**Entries shown**
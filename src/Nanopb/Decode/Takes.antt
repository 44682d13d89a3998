-- ===== src/Nanopb/Decode/Takes.antt =====
-- What pb_decode.c does with a stream and its substreams never adds to what the stream has left.
pub mod Values
pub mod Static
pub mod Pointer
pub mod Fields
use social_timeline.Common.{ℕ, zero, suc, ◌+◌, ◌-◌, ◌≤◌, ◌<◌, ◌≡◌, refl, arith, ◌∙◌, [], ◌*◌, u64}
use social_timeline.Common.{
  Bool, true, false, List, ltb, leb, ◌==◌, ◌&&◌, ◌||◌, not, if◌then◌else◌, if-cases,
}
use native.Mathlib.Nat.{le_refl, le_trans}
use social_timeline.Nanopb.Outcome.{
  Errmsg, Outcome, ok, fail, Run, bind, left, succeeds, pure, ◌>>=◌,
}
use social_timeline.Nanopb.Outcome.Takes.{
  Takes, takes, at_most, Takes-bind, Takes-then, Takes-if, Takes-either, Takes-test, Takes-pure,
}
use social_timeline.Nanopb.Istream.{Istream, pb_skip}
use social_timeline.Nanopb.Istream.Takes.{bytes_left, pb_read-Takes}
use social_timeline.Nanopb.Wire.Takes.{
  pb_decode_varint-Takes, pb_decode_svarint-Takes, pb_decode_varint32-Takes,
  pb_decode_fixed32-Takes, pb_decode_fixed64-Takes, pb_skip_field-Takes,
  pb_make_string_substream-Takes, read_raw_value-Takes,
}
use social_timeline.Nanopb.Wire.{
  hand_back, pb_close_string_substream, pb_skip_field, read_raw_value, wt_string,
}
use social_timeline.Nanopb.Field.{
  Field, FieldIter, ltype_varint, ltype_uvarint, ltype_svarint, ltype_fixed32, ltype_fixed64,
  ltype_bytes, ltype_string, ltype_submessage, ltype_fixed_length_bytes,
}
use social_timeline.Nanopb.Memory.{Memory, load_pointer, load_size}
use social_timeline.Nanopb.Heap.{Machine, Placement, pb_realloc}
use social_timeline.Nanopb.Decode.State.{
  Decoding, DecoderProgram, FieldDecoder, with_machine, on_stream, refuse, update, write_memory,
  assign, assign_bool, reads, read_into, return_status, closing, in_substream,
}
use social_timeline.Nanopb.Decode.Scalars.{
  assign_signed, assign_unsigned, as_signed, pb_dec_varint, pb_dec_uvarint, pb_dec_svarint,
  pb_dec_fixed32, pb_dec_fixed64,
}
use social_timeline.Nanopb.Decode.Allocate.{keep_block, overflows, allocate_field}
use social_timeline.Nanopb.Decode.Strings.{
  write_behind, read_string, read_bytes, room_for, pb_dec_bytes, pb_dec_string,
  pb_dec_fixed_length_bytes,
}
use social_timeline.Nanopb.Decode.Nested.{call_null, decode_message, pb_dec_submessage, decoder_for}

-- `bytes_left` of the stream of the decoder.
abbrev pub remaining : {S : Type 0} → Decoding S → ℕ
remaining d = d.stream.bytes_left

pub same_le : {a b c : ℕ} → a ≡ b → b ≤ c → a ≤ c
same_le e h = omega arith

module _ {S : Type 0} where
  with_machine-at_most :
      {A : Type 0} (n : ℕ) (x : Machine) (o : Outcome (Istream S) A)
      → bytes_left (left o) ≤ n
      → remaining (left (with_machine x o)) ≤ n
  unfolding with_machine
  with_machine-at_most n x (ok a s) h = h
  with_machine-at_most n x (fail s) h = h

  pub on_stream-Takes :
      {A : Type 0} {f : Run (Istream S) A}
      → Takes (bytes_left {S = S}) f
      → Takes (remaining {S = S}) (on_stream f)
  unfolding on_stream
  on_stream-Takes {f = f} (takes h) =
      takes λ d. with_machine-at_most (remaining d) d.machine (f d.stream) (h d.stream)

  pub refuse-Takes : {A : Type 0} (msg : Errmsg) → Takes {A = A} (remaining {S = S}) (refuse msg)
  unfolding refuse
  refuse-Takes msg = takes λ d. le_refl (remaining d)

  pub update-Takes : (f : Machine → Machine) → Takes (remaining {S = S}) (update f)
  unfolding update
  update-Takes f = takes λ d. le_refl (remaining d)

  pub write_memory-Takes : (f : Memory → Memory) → Takes (remaining {S = S}) (write_memory f)
  unfolding write_memory
  write_memory-Takes f = takes λ d. le_refl (remaining d)

  pub assign-Takes : (size dest v : ℕ) → Takes (remaining {S = S}) (assign size dest v)
  unfolding assign
  assign-Takes size dest v = write_memory-Takes _

  pub assign_bool-Takes : (dest v : ℕ) → Takes (remaining {S = S}) (assign_bool dest v)
  unfolding assign_bool
  assign_bool-Takes dest v = write_memory-Takes _

  pub reads-Takes : {A : Type 0} (f : Memory → A) → Takes (remaining {S = S}) (reads f)
  reads-Takes f = takes λ d. le_refl (remaining d)

  pub read_into-Takes : (dest size : ℕ) → Takes (remaining {S = S}) (read_into dest size)
  unfolding read_into
  read_into-Takes dest size =
      Takes-bind (on_stream-Takes (pb_read-Takes size)) (λ bytes. write_memory-Takes _)

  -- The substream has been cut off: what is left of the stream is what it was, however the
  -- substream is used.
  hand_back-left :
      (o : Outcome (Istream S) (List ℕ)) (s : Istream S)
      → bytes_left (left (hand_back o s)) ≡ s.bytes_left
  unfolding hand_back
  hand_back-left (ok bytes sub) s = refl
  hand_back-left (fail sub) s = refl

  close-left :
      (sub s : Istream S) → bytes_left (left (pb_close_string_substream sub s)) ≡ s.bytes_left
  unfolding pb_close_string_substream
  close-left sub s =
      if-cases (λ (o : Outcome (Istream S) (Unit {0})). bytes_left (left o) ≡ s.bytes_left)
        (sub.bytes_left == 0) (hand_back (ok [] sub) s) (hand_back (pb_skip sub.bytes_left sub) s)
        (hand_back-left (ok [] sub) s) (hand_back-left (pb_skip sub.bytes_left sub) s)

  return_status-left :
      (status : Bool) (x : Machine) (o : Outcome (Istream S) (Unit {0}))
      → remaining (left (return_status status x o)) ≡ bytes_left (left o)
  unfolding return_status
  return_status-left true x (ok _ s) = refl
  return_status-left false x (ok _ s) = refl
  return_status-left true x (fail s) = refl
  return_status-left false x (fail s) = refl

  pub closing-left :
      (s : Istream S) (result : Outcome (Decoding S) (Unit {0}))
      → remaining (left (closing s result)) ≡ s.bytes_left
  unfolding closing
  closing-left s result =
      return_status-left (succeeds result) (left result).machine
        (pb_close_string_substream (left result).stream s)
      ∙ close-left (left result).stream s

  pub in_substream-Takes :
      (body : Run (Decoding S) (Unit {0})) (sub : Istream S)
      → Takes (remaining {S = S}) (in_substream body sub)
  unfolding in_substream
  in_substream-Takes body sub = takes λ d.
      same_le (closing-left d.stream (body (record d { stream = sub }))) (le_refl (remaining d))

**Exercise aim**
Look through the entries and copy every line in which the string "reads" appears.

**Written solution**
  assign, assign_bool, reads, read_into, return_status, closing, in_substream,
  pub reads-Takes : {A : Type 0} (f : Memory → A) → Takes (remaining {S = S}) (reads f)
  reads-Takes f = takes λ d. le_refl (remaining d)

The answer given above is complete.